一般的に、潜在変数を仮定するモデルでは潜在変数は入手できず、観測値しか入手できませんが、そのような状況であっても近似的な手法を用いることで、モデルパラメータの最尤推定値を得ることができることから、応用上でも非常に多く使われています。特に、混合モデル、隠れマフコフモデル(HMM)、線形動的システム(Linear Dynamic System)などのモデルパラメータの学習に使われるほか、欠損値の多いデータでモデルを学習させたい時にも、EMアルゴリズムは利用されます。

本記事の内容
  • EMアルゴリズムのEステップとMステップの工程を理解する
  • EMアルゴリズムとその背景・導出について理解する

EMアルゴリズムの全体像

この記事では、EMアルゴリズムの導出と解説を行なっていきますが、まず最初に、目指すべきアルゴリズムの全体像を見ていきましょう。

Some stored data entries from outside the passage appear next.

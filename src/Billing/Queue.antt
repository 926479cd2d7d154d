-- ===== src/Billing/Queue.antt =====
-- internal/services/billing: publisher.go, reliable.go, consumer.go and worker.go. A job whose record
-- fails goes to a queue of SQS, from which the worker takes it until it is recorded.
pub mod Once
pub mod Kept
use orbit_api.Common.{
  ℕ, Bool, true, false, Option, none, some, List, [], ◌∷◌, ◌++◌, get_elem?, modify, if◌then◌else◌,
}
use orbit_api.Common.Str.{Str, is_empty}
use orbit_api.Common.Result.{Result, ok, err}
use orbit_api.Store.{Db}
use orbit_api.Store.Tx.{Link, Error, required, undecodable}
use orbit_api.Billing.History.{Op, perform}
use orbit_api.Billing.Processor.{Job, process_job}

-- What encoding/json makes of a job and of a body.
pub record JobCodec : Type 0 where
  pub marshal : Job → Option Str
  pub unmarshal : Str → Option Job

-- A message is found by its place, which stands for its receipt. The queue may hand out a message
-- at any time and any number of times, also after it was deleted. Redrive moves a message that was
-- received too often to the dead-letter queue, whose messages are the ones that are `redriven`.
pub record Message : Type 0 where
  pub body : Str
  pub deleted : Bool
  pub redriven : Bool

-- The database and the queue, which the servers and the workers share.
pub record Shared : Type 0 where
  pub db : Db
  pub queue : List Message

-- A message that the worker received, with what its calls meet: the statements that the database
-- fails to answer, the time, a new id, and whether the queue answers the Delete.
pub record Delivery : Type 0 where
  pub link : Link
  pub now : ℕ
  pub request_id : Str
  pub message : ℕ
  pub deleting : Bool

-- DecodeJob
unfoldable pub decode_job : JobCodec → Str → Result Error Job
decode_job codec body = elim (codec.unmarshal body) [
  | none ↦ err undecodable
  | some j ↦
      if is_empty j.organization_id
      then err required
      else if is_empty j.idempotency_key
      then err required
      else ok j
]

-- Enqueue of the publisher, where the queue answers or not.
unfoldable pub publish : JobCodec → Bool → Job → List Message → List Message
publish codec sent j q = elim (codec.marshal j) [
  | none ↦ q
  | some body ↦
      if sent then q ++ record { body = body; deleted = false; redriven = false } ∷ [] else q
]

-- Enqueue of the reliable enqueuer: it records at once, and falls back on the queue.
unfoldable pub enqueue : JobCodec → Link → ℕ → Str → Bool → Job → Shared → Shared
enqueue codec link now request_id sent j s =
    let (went, d') = process_job link now request_id j s.db in
    elim went [
      | ok u ↦ record s { db = d' }
      | err e ↦ record { db = d'; queue = publish codec sent j s.queue }
    ]

-- Enqueue of the worker in process, which drops a job that fails.
unfoldable pub work : Link → ℕ → Str → Job → Db → Db
work link now request_id j d = (process_job link now request_id j d).1

abbrev pub delete : Message → Message
delete m = record m { deleted = true }

abbrev pub redrive : Message → Message
redrive m = record m { redriven = true }

-- A message whose job is decoded: it is deleted once the job is recorded.
unfoldable pub consume_job : Delivery → Job → Shared → Shared
consume_job v j s =
    let (went, d') = process_job v.link v.now v.request_id j s.db in
    elim went [
      | err e ↦ record s { db = d' }
      | ok u ↦ record {
        db = d';
        queue = if v.deleting then modify delete s.queue v.message else s.queue;
      }
    ]

-- The body of the consumer's inner loop. A message that is no job stays for the dead-letter queue.
unfoldable pub consume : JobCodec → Delivery → Shared → Shared
consume codec v s = elim (get_elem? s.queue v.message) [
  | none ↦ s
  | some m ↦ elim (decode_job codec m.body) [ err e ↦ s | ok j ↦ consume_job v j s ]
]

-- One round of RunConsumer, over the messages of one Receive.
unfoldable pub consume_all : JobCodec → List Delivery → Shared → Shared
consume_all codec [] s = s
consume_all codec (v ∷ vs) s = consume_all codec vs (consume codec v s)

-- What happens to the database and the queue: any other call of the repository, the end of a
-- request, a round of a worker, and the redrive of a message.
pub data Event : Type 0 where
  calling : Link → Op → Event
  enqueuing : Link → ℕ → Str → Bool → Job → Event
  receiving : List Delivery → Event
  redriving : ℕ → Event

unfoldable pub step : JobCodec → Event → Shared → Shared
step codec (calling link op) s = record s { db = perform link op s.db }
step codec (enqueuing link now request_id sent j) s = enqueue codec link now request_id sent j s
step codec (receiving vs) s = consume_all codec vs s
step codec (redriving n) s = record s { queue = modify redrive s.queue n }

unfoldable pub step_all : JobCodec → List Event → Shared → Shared
step_all codec [] s = s
step_all codec (e ∷ es) s = step_all codec es (step codec e s)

と、その前に、EMアルゴリズムの導出に入る前に、EMアルゴリズムについて学習していると度々登場することになる、完全データ集合と不完全データ集合という用語をまず導入します。これらの定義は、このようになっています。

完全データ集合と不完全データ集合

完全データ集合と不完全データ集合の定義

完全データ集合

観測値の集合を$Y$、潜在変数の集合を$Z$としたとき、データセット$\{ Y, Z\}$が全部揃っているとき、完全データ集合という。

非完全データ集合

観測値の集合を$Y$、潜在変数の集合を$Z$としたとき、$\{ Y \}$は揃っているが、$\{ Z \}$を入手できていない時、非完全データという。

EMアルゴリズムのEステップとMステップ

EMアルゴリズムは、EステップとMステップの2ステップから構成されるアルゴリズムで、データから最適なパラメータを学習する手法です。

それぞれのステップで行う内容は、下記にまとめてあります。

EMアルゴリズムの全体像

Eステップ

パラメータを固定し、潜在変数$Z$の事後確率に関する期待値を計算。

\begin{equation}
\mathcal{Q} (\theta , \theta^{old}) = \sum_Z p(Z | X, \theta^{old}) ln p (X, Z | \theta)
\end{equation}

この、潜在変数$Z$の事後確率の計算が、混合ガウス分布の例でもあった、寄与率の計算と同じ意味になる。

Mステップ

尤度関数を最大化するような$\theta^{new}$を取得

\theta^{new} = argmax_{\theta } \space \mathcal{L}

これらがEMアルゴリズムの全体像です。

とはいえ、これだけでは全く理解できないと思うので、以降でこの導出をやっていきます。

EMアルゴリズムの導出

それでは、EMアルゴリズムの導出に入っていきます。

今、観測値$\bm{X}$が得られているとします。

このとき、最尤推定の考え方だと、最尤推定値$\bm{\hat{\theta}}$は、対数尤度関数$ln p(\bm{X} | \theta)$を最小化するような$\bm{\theta}$を求めることになります。

\begin{equation}
\bm{\hat{\theta}} = \mathop{\arg\max}\limits_{\theta} 
ln p(\bm{X} | \theta)
\end{equation}

しかし、EMアルゴリズムが力を発揮するのは、対数尤度関数 $ln p(\bm{X} | \theta)$が複雑な形をしており、パラメータに関する偏微分などで最適解を求められないような場合です。

隠れ変数の導入

対数尤度関数 $ln p(\bm{X} | \theta)$が複雑な形をしている場合、どうすれば良いでしょうか。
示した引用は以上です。